PROMPT — Scan the data beneath this task and copy each line that includes "LineAt".

EXERCISE DATA —
· · ·

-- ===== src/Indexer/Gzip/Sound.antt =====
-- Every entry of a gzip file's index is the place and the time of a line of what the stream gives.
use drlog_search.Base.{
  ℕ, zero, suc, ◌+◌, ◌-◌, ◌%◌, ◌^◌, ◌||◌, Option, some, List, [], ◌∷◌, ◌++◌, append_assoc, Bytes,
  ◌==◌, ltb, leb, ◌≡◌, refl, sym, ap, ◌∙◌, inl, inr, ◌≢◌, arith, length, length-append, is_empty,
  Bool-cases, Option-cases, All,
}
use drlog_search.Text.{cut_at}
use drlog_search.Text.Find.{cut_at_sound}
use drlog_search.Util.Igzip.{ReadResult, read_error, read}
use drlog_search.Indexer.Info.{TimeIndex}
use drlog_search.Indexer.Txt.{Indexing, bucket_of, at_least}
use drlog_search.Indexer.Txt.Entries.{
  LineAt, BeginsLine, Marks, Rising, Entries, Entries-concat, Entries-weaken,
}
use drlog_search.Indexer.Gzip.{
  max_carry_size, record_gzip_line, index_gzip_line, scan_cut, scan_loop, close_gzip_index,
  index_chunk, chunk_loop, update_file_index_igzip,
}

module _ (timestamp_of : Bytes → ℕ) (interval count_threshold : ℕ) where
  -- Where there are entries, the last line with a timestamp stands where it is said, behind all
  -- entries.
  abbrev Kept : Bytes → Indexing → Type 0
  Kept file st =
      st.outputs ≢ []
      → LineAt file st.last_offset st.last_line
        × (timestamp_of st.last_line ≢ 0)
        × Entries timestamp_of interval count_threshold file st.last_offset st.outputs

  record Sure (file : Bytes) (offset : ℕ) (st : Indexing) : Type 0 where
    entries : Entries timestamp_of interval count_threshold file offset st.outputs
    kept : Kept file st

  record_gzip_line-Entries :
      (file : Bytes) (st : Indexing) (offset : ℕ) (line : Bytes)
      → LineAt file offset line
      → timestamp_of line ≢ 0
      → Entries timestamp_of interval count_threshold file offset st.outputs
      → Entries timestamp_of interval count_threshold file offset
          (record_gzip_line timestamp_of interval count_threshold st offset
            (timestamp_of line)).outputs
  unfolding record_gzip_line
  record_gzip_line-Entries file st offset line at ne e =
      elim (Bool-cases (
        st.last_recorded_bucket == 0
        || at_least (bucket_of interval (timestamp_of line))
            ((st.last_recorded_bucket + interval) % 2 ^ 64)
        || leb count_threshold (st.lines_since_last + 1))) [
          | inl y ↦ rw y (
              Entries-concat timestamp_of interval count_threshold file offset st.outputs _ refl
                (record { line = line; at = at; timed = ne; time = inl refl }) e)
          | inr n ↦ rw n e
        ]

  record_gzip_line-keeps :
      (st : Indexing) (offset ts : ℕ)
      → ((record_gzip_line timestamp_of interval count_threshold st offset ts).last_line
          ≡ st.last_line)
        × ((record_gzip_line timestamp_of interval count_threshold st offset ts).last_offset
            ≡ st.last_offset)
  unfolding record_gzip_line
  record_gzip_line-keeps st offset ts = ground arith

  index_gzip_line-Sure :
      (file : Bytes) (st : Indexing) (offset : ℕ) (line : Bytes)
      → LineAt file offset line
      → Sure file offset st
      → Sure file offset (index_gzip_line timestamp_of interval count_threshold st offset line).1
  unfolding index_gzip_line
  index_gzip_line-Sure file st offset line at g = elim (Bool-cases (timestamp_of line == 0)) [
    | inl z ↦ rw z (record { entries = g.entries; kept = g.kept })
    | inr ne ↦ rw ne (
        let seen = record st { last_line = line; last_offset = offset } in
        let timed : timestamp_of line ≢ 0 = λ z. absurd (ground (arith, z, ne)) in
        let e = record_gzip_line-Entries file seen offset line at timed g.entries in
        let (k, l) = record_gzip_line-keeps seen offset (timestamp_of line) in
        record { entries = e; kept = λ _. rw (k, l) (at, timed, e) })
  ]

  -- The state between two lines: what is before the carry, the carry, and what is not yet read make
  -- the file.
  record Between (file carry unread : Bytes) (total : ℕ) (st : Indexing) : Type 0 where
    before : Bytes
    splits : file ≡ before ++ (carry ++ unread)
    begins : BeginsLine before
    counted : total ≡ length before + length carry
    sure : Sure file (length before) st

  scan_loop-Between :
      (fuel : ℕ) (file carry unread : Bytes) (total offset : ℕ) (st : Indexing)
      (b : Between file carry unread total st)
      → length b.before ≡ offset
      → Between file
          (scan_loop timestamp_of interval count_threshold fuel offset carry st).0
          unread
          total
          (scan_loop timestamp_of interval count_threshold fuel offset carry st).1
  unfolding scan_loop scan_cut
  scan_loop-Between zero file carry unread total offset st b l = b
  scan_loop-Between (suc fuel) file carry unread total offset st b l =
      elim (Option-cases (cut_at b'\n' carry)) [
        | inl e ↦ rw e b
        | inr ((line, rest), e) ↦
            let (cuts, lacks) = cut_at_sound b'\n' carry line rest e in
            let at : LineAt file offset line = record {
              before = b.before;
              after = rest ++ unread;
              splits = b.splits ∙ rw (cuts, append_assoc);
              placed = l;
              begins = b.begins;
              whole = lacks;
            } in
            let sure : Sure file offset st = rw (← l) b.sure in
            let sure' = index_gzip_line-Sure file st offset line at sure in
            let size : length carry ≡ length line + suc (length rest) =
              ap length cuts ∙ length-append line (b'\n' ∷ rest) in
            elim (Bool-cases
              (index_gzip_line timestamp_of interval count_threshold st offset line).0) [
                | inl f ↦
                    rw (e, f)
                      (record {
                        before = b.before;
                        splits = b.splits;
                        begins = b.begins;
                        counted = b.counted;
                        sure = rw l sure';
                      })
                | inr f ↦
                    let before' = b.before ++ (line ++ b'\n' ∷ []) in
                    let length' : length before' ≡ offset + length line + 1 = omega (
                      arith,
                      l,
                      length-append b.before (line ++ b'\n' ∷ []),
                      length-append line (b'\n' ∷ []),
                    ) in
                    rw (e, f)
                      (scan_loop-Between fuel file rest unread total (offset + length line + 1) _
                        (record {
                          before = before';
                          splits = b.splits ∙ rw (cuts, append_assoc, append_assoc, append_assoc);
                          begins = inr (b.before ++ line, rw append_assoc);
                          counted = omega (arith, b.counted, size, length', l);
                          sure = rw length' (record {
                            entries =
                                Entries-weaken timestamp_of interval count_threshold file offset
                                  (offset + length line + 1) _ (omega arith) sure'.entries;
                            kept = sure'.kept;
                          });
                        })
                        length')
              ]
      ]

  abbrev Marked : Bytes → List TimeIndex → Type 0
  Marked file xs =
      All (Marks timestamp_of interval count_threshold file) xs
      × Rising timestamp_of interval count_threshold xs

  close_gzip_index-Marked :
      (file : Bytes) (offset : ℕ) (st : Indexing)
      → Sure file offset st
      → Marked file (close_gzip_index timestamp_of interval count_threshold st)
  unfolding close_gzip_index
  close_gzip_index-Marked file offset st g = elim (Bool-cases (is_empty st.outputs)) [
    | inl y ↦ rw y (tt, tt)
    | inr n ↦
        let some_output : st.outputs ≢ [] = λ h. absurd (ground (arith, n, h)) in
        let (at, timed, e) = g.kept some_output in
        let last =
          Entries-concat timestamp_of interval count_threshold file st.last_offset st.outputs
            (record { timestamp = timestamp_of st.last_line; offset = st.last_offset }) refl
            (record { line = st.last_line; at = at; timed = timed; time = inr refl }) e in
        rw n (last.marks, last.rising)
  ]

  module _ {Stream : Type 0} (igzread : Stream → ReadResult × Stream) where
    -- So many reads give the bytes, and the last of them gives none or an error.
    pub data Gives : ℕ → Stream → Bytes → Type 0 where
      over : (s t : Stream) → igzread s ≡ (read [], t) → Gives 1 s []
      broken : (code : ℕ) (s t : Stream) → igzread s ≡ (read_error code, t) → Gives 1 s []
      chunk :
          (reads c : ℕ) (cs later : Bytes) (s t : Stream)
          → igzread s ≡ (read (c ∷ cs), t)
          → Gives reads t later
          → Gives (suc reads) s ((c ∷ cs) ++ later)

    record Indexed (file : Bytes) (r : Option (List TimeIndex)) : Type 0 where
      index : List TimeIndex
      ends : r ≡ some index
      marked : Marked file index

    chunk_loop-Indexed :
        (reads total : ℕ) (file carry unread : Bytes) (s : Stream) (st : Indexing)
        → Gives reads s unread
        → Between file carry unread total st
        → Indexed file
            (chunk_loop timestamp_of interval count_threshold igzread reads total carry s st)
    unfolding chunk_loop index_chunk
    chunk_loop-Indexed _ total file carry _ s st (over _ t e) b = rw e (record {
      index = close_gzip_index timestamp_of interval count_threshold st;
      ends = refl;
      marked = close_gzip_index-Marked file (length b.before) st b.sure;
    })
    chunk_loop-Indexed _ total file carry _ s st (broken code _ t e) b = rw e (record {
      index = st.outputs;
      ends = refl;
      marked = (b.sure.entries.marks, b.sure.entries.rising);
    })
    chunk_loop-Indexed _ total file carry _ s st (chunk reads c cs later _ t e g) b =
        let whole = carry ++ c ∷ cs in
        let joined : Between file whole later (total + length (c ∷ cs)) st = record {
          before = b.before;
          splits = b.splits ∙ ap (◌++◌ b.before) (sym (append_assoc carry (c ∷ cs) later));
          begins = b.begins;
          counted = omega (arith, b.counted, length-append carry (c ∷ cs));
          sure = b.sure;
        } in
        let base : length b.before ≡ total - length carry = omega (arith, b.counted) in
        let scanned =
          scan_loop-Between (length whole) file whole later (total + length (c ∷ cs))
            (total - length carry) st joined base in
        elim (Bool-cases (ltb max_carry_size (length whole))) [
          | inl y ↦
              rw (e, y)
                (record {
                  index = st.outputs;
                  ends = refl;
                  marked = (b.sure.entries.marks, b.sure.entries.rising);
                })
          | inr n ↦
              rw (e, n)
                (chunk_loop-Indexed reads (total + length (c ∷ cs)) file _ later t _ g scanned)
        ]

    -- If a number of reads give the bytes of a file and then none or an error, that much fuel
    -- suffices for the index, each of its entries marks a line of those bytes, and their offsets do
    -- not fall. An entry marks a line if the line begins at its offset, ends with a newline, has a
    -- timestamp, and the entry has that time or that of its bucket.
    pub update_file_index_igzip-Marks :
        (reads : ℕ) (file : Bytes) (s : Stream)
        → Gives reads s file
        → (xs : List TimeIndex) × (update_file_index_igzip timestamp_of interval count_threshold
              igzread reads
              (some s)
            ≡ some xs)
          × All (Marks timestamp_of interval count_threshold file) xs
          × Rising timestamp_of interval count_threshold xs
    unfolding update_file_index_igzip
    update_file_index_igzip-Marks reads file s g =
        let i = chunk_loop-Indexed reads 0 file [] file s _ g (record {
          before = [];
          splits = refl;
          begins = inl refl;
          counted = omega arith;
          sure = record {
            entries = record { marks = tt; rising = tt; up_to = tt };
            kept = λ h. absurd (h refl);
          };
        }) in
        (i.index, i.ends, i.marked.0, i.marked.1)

· · ·

RESULT FOR THIS TASK —
  LineAt, BeginsLine, Marks, Rising, Entries, Entries-concat, Entries-weaken,
      → LineAt file st.last_offset st.last_line
      → LineAt file offset line
      → LineAt file offset line
            let at : LineAt file offset line = record {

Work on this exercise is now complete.